WHAT YOU WILL DO »
Could you count the lines in the data that contain "Bool"? Reply with the number only.

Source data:
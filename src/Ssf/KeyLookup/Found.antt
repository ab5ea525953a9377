-- ===== src/Ssf/KeyLookup/Found.antt =====
-- When a lookup of src/axiam_sdk/ssf/_receiver.py answers that there is no key.
use axiam_python_sdk.Base.{◌<◌, String, ◌≡◌, ◌⊎◌, false, none, arith, ℕ}
use axiam_python_sdk.Ssf.{ok}
use axiam_python_sdk.Ssf.Keys.{Core, may_force}
use axiam_python_sdk.Ssf.KeyLookup.{Web, Http, fill, refetch, key_for}

module _ (web : Web) (clock : ℕ → ℕ) (http : ℕ → Http) (kid : String) (core : Core) where
  -- A lookup answers that there is no key for the id only after a fetch of the JWKS, or where the
  -- limit of one refetch a minute forbids it.
  pub key_for_missing :
      (key_for web clock http kid core).answer ≡ ok none
      → (0 < (key_for web clock http kid core).fetches) ⊎ (may_force (clock 3) core ≡ false)
  unfolding key_for fill refetch
  key_for_missing h = ground arith
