-- ===== src/Ssf/KeyLookup/Limit.antt =====
-- How often the JWKS of src/axiam_sdk/ssf/_receiver.py is fetched.
use axiam_python_sdk.Base.{
  ℕ, ◌+◌, ◌≤◌, ◌<◌, String, ◌≡◌, ◌⊎◌, inl, inr, Bool, true, false, some, arith,
}
use axiam_python_sdk.Ssf.{Result, ok, raised, Failure}
use axiam_python_sdk.Ssf.Keys.{Core, may_force, note_failed_fetch}
use axiam_python_sdk.Ssf.KeyLookup.{
  Web, Http, Progress, is_network, count_failure, fetch_from, resolve_uri, fetch_jwks, after_fill,
  finish, fill, refetch, key_for,
}

may_force_soon :
    (now last : ℕ) (core : Core)
    → core.last_forced ≡ some last
    → now < last + 60
    → may_force now core ≡ false
unfolding may_force
may_force_soon now last core e soon = ground arith

module _ (web : Web) (clock : ℕ → ℕ) (http : ℕ → Http) (kid : String) (core : Core) where
  -- For a minute after a counted fetch, a lookup makes no fetch and leaves the cache as it is.
  pub key_for_within_the_minute :
      (last : ℕ)
      → core.last_forced ≡ some last
      → ((i : ℕ) → clock i < last + 60)
      → ((key_for web clock http kid core).fetches ≡ 0)
        × ((key_for web clock http kid core).core ≡ core)
  unfolding key_for fill refetch
  key_for_within_the_minute last e soon =
      let no1 = may_force_soon (clock 1) last core e (soon 1) in
      let no3 = may_force_soon (clock 3) last core e (soon 3) in
      (ground (arith, no1, no3), ground (arith, no1, no3))

  -- A lookup makes at most two fetches.
  pub key_for-fetches : (key_for web clock http kid core).fetches ≤ 2
  unfolding key_for fill refetch
  key_for-fetches = ground arith

module _ (now : ℕ) (e : Failure) (is : is_network e ≡ true) where
  -- A NetworkError is counted.
  count_failure_counts :
      (fetch : Core × Result (Unit {0}))
      → (count_failure now fetch).1 ≡ raised e
      → (count_failure now fetch).0.last_forced ≡ some now
  unfolding note_failed_fetch
  count_failure_counts (core, ok _) h = absurd (ground arith)
  count_failure_counts (core, raised e') h = ground (arith, is)

  fetch_jwks_failed :
      (web : Web) (http : Http) (core : Core) (forced : Bool)
      → (fetch_jwks web http forced now core).1 ≡ raised e
      → (fetch_jwks web http forced now core).0.last_forced ≡ some now
  unfolding fetch_jwks
  fetch_jwks_failed web http core forced h =
      count_failure_counts (fetch_from web http forced now core (resolve_uri web http core)) h

-- The lookup counted a fetch, at one of its readings of the clock.
abbrev pub Counted : (ℕ → ℕ) → Core → Type 0
Counted clock core = (core.last_forced ≡ some (clock 2)) ⊎ (core.last_forced ≡ some (clock 4))

module _ (web : Web) (clock : ℕ → ℕ) (http : ℕ → Http) (kid : String) (e : Failure)
    (is : is_network e ≡ true) where
  fill_failed :
      (core : Core)
      → (fill web clock http core).answer ≡ raised e
      → 0 < (fill web clock http core).fetches
      → (fill web clock http core).core.last_forced ≡ some (clock 2)
  unfolding fill
  fill_failed core failed some_fetch =
      ground (arith, fetch_jwks_failed (clock 2) e is web (http 0) core false)

  refetch_failed :
      (core : Core)
      → (refetch web clock http kid core).answer ≡ raised e
      → (refetch web clock http kid core).core.last_forced ≡ some (clock 4)
  unfolding refetch
  refetch_failed core failed =
      ground (arith, fetch_jwks_failed (clock 4) e is web (http 1) core true)

  finish-raised :
      (answer : Result (Unit {0})) (core : Core)
      → finish web kid answer core ≡ raised e
      → answer ≡ raised e
  finish-raised (raised e') core h = ground arith
  finish-raised (ok _) core h = absurd (ground arith)

  after_fill_counts :
      (p : Progress (Unit {0})) (answer : Result (Unit {0}))
      → (answer ≡ raised e → 0 < p.fetches → p.core.last_forced ≡ some (clock 2))
      → (after_fill web clock http kid p answer).answer ≡ raised e
      → 0 < (after_fill web clock http kid p answer).fetches
      → Counted clock (after_fill web clock http kid p answer).core
  unfolding after_fill
  after_fill_counts p (raised e') h failed some_fetch = inl (h (ground arith) some_fetch)
  after_fill_counts p (ok _) h failed some_fetch =
      inr (refetch_failed p.core (finish-raised _ _ failed))

  -- A lookup that ends in a NetworkError after a fetch has counted it.
  key_for_counts :
      (core : Core)
      → (key_for web clock http kid core).answer ≡ raised e
      → 0 < (key_for web clock http kid core).fetches
      → Counted clock (key_for web clock http kid core).core
  unfolding key_for
  key_for_counts core failed some_fetch =
      let p = fill web clock http core in
      after_fill_counts p p.answer (fill_failed core) failed some_fetch

-- A JWKS outage is not one fetch per token: after a lookup that fetched and ended in a NetworkError,
-- and whose clock did not go back, a lookup whose readings of the clock all come before a minute has passed since
-- the first one's fetch makes no fetch.
pub outage_limit :
    (web : Web) (clock later : ℕ → ℕ) (http http' : ℕ → Http) (kid kid' : String) (core : Core)
    (e : Failure)
    → is_network e ≡ true
    → clock 2 ≤ clock 4
    → (key_for web clock http kid core).answer ≡ raised e
    → 0 < (key_for web clock http kid core).fetches
    → ((i : ℕ) → later i < clock 2 + 60)
    → (key_for web later http' kid' (key_for web clock http kid core).core).fetches ≡ 0
outage_limit web clock later http http' kid kid' core e is le failed some_fetch soon =
    let core' = (key_for web clock http kid core).core in
    elim (key_for_counts web clock http kid e is core failed some_fetch) [
      | inl first ↦ (key_for_within_the_minute web later http' kid' core' (clock 2) first soon).0
      | inr second ↦
          (key_for_within_the_minute web later http' kid' core' (clock 4) second
            (λ i. omega (arith, soon i))).0
    ]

ANSWER TO THIS EXERCISE »
2